-- Exercise material follows --

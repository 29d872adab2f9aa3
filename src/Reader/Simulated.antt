-- ===== src/Reader/Simulated.antt =====
-- `SimulatedReaderSession` of bridgewire/simulation.py: what a test lets a reader send.
use frontdoor.Prelude.{Bool, true, List, [], ◌∷◌, Result, ok, Exec}
use frontdoor.Reader.Record.{Text}

-- A record is the bytes that a read returns or the exception that it raises.
pub record SimulatedReaderSession : Type 0 where
  pub records : List (Result Text)
  pub closed : Bool

abbrev pub pop_first : List (Result Text) → Exec SimulatedReaderSession Text
pop_first [] s = (ok [], s)
pop_first (r ∷ rest) s = (r, record s { records = rest })

unfoldable pub read_simulated : Exec SimulatedReaderSession Text
read_simulated s = pop_first s.records s

unfoldable pub close_simulated : Exec SimulatedReaderSession Unit
close_simulated s = (ok tt, record s { closed = true })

-- Exercise material concluded --

▸ **Description of the task**
Each record, from first to last, should be returned verbatim.

▸ **Response to the task**
repository 29d872adab2f9aa3
filename src/Reader/Simulated.antt
-- ===== src/Reader/Simulated.antt =====
-- `SimulatedReaderSession` of bridgewire/simulation.py: what a test lets a reader send.
use frontdoor.Prelude.{Bool, true, List, [], ◌∷◌, Result, ok, Exec}
use frontdoor.Reader.Record.{Text}

-- A record is the bytes that a read returns or the exception that it raises.
pub record SimulatedReaderSession : Type 0 where
  pub records : List (Result Text)
  pub closed : Bool

abbrev pub pop_first : List (Result Text) → Exec SimulatedReaderSession Text
pop_first [] s = (ok [], s)
pop_first (r ∷ rest) s = (r, record s { records = rest })

unfoldable pub read_simulated : Exec SimulatedReaderSession Text
read_simulated s = pop_first s.records s

unfoldable pub close_simulated : Exec SimulatedReaderSession Unit
close_simulated s = (ok tt, record s { closed = true })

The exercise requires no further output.